- _ACTION ITEM_:
All lines of the entries with "search" in them must be listed.

╔══

-- ===== src/Downward/Worklist.antt =====
-- The inner loop of the downward search, totally: it ends, and taints what flow reaches.
use linux_analysis.Prelude.{ℕ, ◌≤◌, ◌≡◌, ◌↔◌, some, List, [], Map, ◌∈◌, ◌⊆◌}
use linux_analysis.Llvm.{Ir, Value, Function, IsModule}
use linux_analysis.State.{Config, State}
use linux_analysis.Downward.{drain}
use linux_analysis.Downward.Exact.{Reach, IsPending, drain_exact}
use linux_analysis.Downward.Progress.{potential}
use linux_analysis.Downward.Ends.{drain_total}

-- In a module, if all that is tainted and not on the worklist has had its uses followed, and
-- there is a unit of fuel for each value that waits or is left to taint, the worklist runs empty,
-- and then a value is tainted exactly if def-use flow, with its stops and its steps into
-- parameters, leads to it from a value that was tainted before.
pub worklist_exact :
    (ir : Ir) (cfg : Config) (targets : Map (List Function)) (fuel : ℕ) (s : State)
    → IsModule ir
    → IsPending ir cfg targets s
    → s.worklist ⊆ ir.values
    → potential ir.values s ≤ fuel
    → (t : State) × (drain ir cfg targets fuel s ≡ some t)
      × (t.worklist ≡ [])
      × ((x : Value) → (x ∈ t.tainted_values) ↔ Reach ir cfg targets s.tainted_values x)
worklist_exact ir cfg targets fuel s is_module pending inside enough =
    let (t, run, _) = drain_total ir is_module cfg targets fuel s inside enough in
    let (_, empty, exact) = drain_exact ir cfg targets fuel s t pending run in
    (t, run, empty, exact)
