-- ===== src/FunctionPointers.antt =====
-- `FunctionPointerTargets` as `run` fills it before the search
-- (passes/TaintTrackerPass/TaintTrackerPass.cpp): the functions that are stored through each pointer.
pub mod Laws
use linux_analysis.Prelude.{
  ℕ, Bool, true, false, not, ◌&&◌, ◌||◌, Option, none, some, List, [], ◌∷◌, ◌++◌, foldl, Map,
  lookup, put, ◌==◌, if◌then◌else◌,
}
use linux_analysis.Llvm.{Ir, Value, Function, Kind, function_value, as_store, defined_instructions}
use linux_analysis.State.{Config}
use linux_analysis.Stores.{or_nothing}

-- `dyn_cast<Function>`; a function is its own address as a value.
abbrev pub is_function : Kind → Bool
is_function function_value = true
is_function _ = false

-- `FunctionPointerTargets[Ptr].push_back(Func)`.
unfoldable pub push_target : Value → Function → Map (List Function) → Map (List Function)
push_target ptr f m = put ptr (or_nothing (lookup ptr m) ++ f ∷ []) m

module _ (ir : Ir) where
  -- A stored function is filed under the pointer without casts, and under the pointer as written
  -- where that differs.
  unfoldable pub file_store : Map (List Function) → Value → Map (List Function)
  unfolding push_target
  file_store m i = elim (as_store (ir.kind i)) [
    | none ↦ m
    | some st ↦
        let stripped = ir.strip_pointer_casts st.pointer in
        let m' = push_target stripped st.value m in
        if is_function (ir.kind st.value)
        then (if not (st.pointer == stripped) then push_target st.pointer st.value m' else m')
        else m
  ]

  unfoldable pub function_pointer_targets : Config → Map (List Function)
  unfolding file_store
  function_pointer_targets cfg =
      if cfg.indirect_call_mode then foldl file_store [] (defined_instructions ir) else []
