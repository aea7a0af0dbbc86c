-- ===== src/FunctionPointers/Laws.antt =====
-- Which targets a pointer has.
use linux_analysis.Prelude.{
  ◌≡◌, sym, ap, ◌∙◌, inl, inr, Bool, true, false, not, ◌&&◌, ◌||◌, none, some, List, [], ◌∷◌, ◌++◌,
  foldl, flat_map, Map, lookup, lookup-put, ◌==◌, ==_refl, Bool-cases, Option-cases, if◌then◌else◌,
  arith,
}
use mathlib.Core.List.{append-nil, append_assoc}
use linux_analysis.Llvm.{Ir, Value, Function, Store, as_store, defined_instructions}
use linux_analysis.State.{Config}
use linux_analysis.Stores.{or_nothing}
use linux_analysis.FunctionPointers.{is_function, push_target, file_store, function_pointer_targets}

abbrev pub targets_of : Value → Map (List Function) → List Function
targets_of p m = or_nothing (lookup p m)

targets_of-push :
    (p k : Value) (f : Function) (m : Map (List Function))
    → targets_of p (push_target k f m) ≡ (targets_of p m ++ (if p == k then f ∷ [] else []))
unfolding push_target
targets_of-push p k f m = rw lookup-put (elim (Bool-cases (p == k)) [
  | inl e ↦ let q : p ≡ k = ground arith in rw (q, ==_refl k)
  | inr e ↦ rw e (sym (append-nil _))
])

file_twice :
    (p q k : Value) (f : Function) (m : Map (List Function))
    → targets_of p (if not (q == k) then push_target q f (push_target k f m) else push_target k f m)
      ≡ (targets_of p m ++ (if p == k || p == q then f ∷ [] else []))
file_twice p q k f m = elim (Bool-cases (q == k)) [
  | inl same ↦
      rw same
        (targets_of-push p k f m ∙ (let e : (p == k || p == q) ≡ (p == k) = ground arith in rw e))
  | inr other ↦ rw other (
      targets_of-push p q f (push_target k f m)
      ∙ rw (targets_of-push p k f m)
          (append_assoc (targets_of p m) _ _ ∙ ap (λ xs. targets_of p m ++ xs) (once other)))
]
  where
    once :
        (q == k) ≡ false
        → ((if p == k then f ∷ [] else []) ++ (if p == q then f ∷ [] else []))
          ≡ (if p == k || p == q then f ∷ [] else [])
    once distinct = ground arith

module _ (ir : Ir) where
  -- The function that an instruction stores through the pointer, with or without its casts.
  abbrev pub stored_function : Value → Value → List Function
  stored_function p i = elim (as_store (ir.kind i)) [
    | none ↦ []
    | some st ↦
        if is_function (ir.kind st.value)
          && (p == ir.strip_pointer_casts st.pointer || p == st.pointer)
        then st.value ∷ []
        else []
  ]

  file_store_lem :
      (p : Value) (m : Map (List Function)) (i : Value)
      → targets_of p (file_store ir m i) ≡ (targets_of p m ++ stored_function p i)
  unfolding file_store
  file_store_lem p m i = elim (Option-cases (as_store (ir.kind i))) [
    | inl e ↦ rw (e, file_store, stored_function) (sym (append-nil _))
    | inr (st, e) ↦ rw (e, file_store, stored_function) (filed st (is_function (ir.kind st.value)))
  ]
    where
      filed :
          (st : Store) (b : Bool)
          → targets_of p (
              if b
              then (if not (st.pointer == ir.strip_pointer_casts st.pointer)
                  then push_target st.pointer st.value
                      (push_target (ir.strip_pointer_casts st.pointer) st.value m)
                  else push_target (ir.strip_pointer_casts st.pointer) st.value m)
              else m)
            ≡ (targets_of p m
                ++ (if b && (p == ir.strip_pointer_casts st.pointer || p == st.pointer)
                    then st.value ∷ []
                    else []))
      filed st false = sym (append-nil _)
      filed st true = file_twice p st.pointer (ir.strip_pointer_casts st.pointer) st.value m

  file_stores_lem :
      (p : Value) (is : List Value) (m : Map (List Function))
      → targets_of p (foldl (file_store ir) m is)
        ≡ (targets_of p m ++ flat_map (stored_function p) is)
  file_stores_lem p [] m = sym (append-nil _)
  file_stores_lem p (i ∷ is) m =
      file_stores_lem p is (file_store ir m i)
      ∙ rw (file_store_lem p m i) (append_assoc (targets_of p m) (stored_function p i) _)

-- With indirect-call mode on, the targets of a pointer are the functions that the instructions
-- of the defined functions store through it, with or without its casts, in program order; with
-- the mode off there are none.
pub function_pointer_targets_lem :
    (ir : Ir) (cfg : Config) (p : Value)
    → targets_of p (function_pointer_targets ir cfg) ≡ (
        if cfg.indirect_call_mode
        then flat_map (stored_function ir p) (defined_instructions ir)
        else [])
unfolding function_pointer_targets lookup
function_pointer_targets_lem ir cfg p = elim (Bool-cases cfg.indirect_call_mode) [
  | inl b ↦ rw b (file_stores_lem ir p (defined_instructions ir) [])
  | inr b ↦ rw b
]
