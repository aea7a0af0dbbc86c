-- ===== src/Gep/Pattern.antt =====
-- What `sameGEPPattern` compares.
use linux_analysis.Prelude.{
  suc, ℤ, ◌≡◌, refl, ◌↔◌, ap, true, Option, none, some, List, [], ◌∷◌, length, eq_ℤ_iff, arith,
}
use linux_analysis.Llvm.{Ir, Value, Gep, as_constant_int}
use linux_analysis.Gep.{same_index, same_indices, same_gep_pattern}

-- The indices as far as they are constant.
abbrev pub pattern_of : Ir → List Value → List (Option ℤ)
pattern_of ir [] = []
pattern_of ir (i ∷ is) = as_constant_int (ir.kind i) ∷ pattern_of ir is

same_index_iff : (a b : Option ℤ) → (same_index a b ≡ true) ↔ (a ≡ b)
same_index_iff (some a) (some b) = ground (arith, eq_ℤ_iff a b)
same_index_iff (some a) none = ground arith
same_index_iff none (some b) = ground arith
same_index_iff none none = ground arith

same_indices_iff :
    (ir : Ir) (is js : List Value)
    → length is ≡ length js
    → (same_indices ir is js ≡ true) ↔ (pattern_of ir is ≡ pattern_of ir js)
unfolding same_indices
same_indices_iff ir [] [] h = (λ _. refl, λ _. refl)
same_indices_iff ir [] (j ∷ js) h = absurd (omega arith)
same_indices_iff ir (i ∷ is) [] h = absurd (omega arith)
same_indices_iff ir (i ∷ is) (j ∷ js) h = ground (
  arith,
  same_indices_iff ir is js (omega arith),
  same_index_iff (as_constant_int (ir.kind i)) (as_constant_int (ir.kind j)),
)

length-pattern_of : (ir : Ir) (is : List Value) → length (pattern_of ir is) ≡ length is
length-pattern_of ir [] = refl
length-pattern_of ir (i ∷ is) = ap suc (length-pattern_of ir is)

-- Two GEPs match exactly when they have the same source element type and the same list of
-- indices, where two indices count as the same if they are equal constants or both not constant.
pub same_gep_pattern_iff :
    (ir : Ir) (a b : Gep)
    → (same_gep_pattern ir a b ≡ true)
      ↔ ((a.element_type ≡ b.element_type) × (pattern_of ir a.indices ≡ pattern_of ir b.indices))
unfolding same_gep_pattern
same_gep_pattern_iff ir a b = ground (
  arith,
  same_indices_iff ir a.indices b.indices,
  length-pattern_of ir a.indices,
  length-pattern_of ir b.indices,
)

╚══

- _SOLVED EXERCISE_:
-- The inner loop of the downward search, totally: it ends, and taints what flow reaches.
-- `FunctionPointerTargets` as `run` fills it before the search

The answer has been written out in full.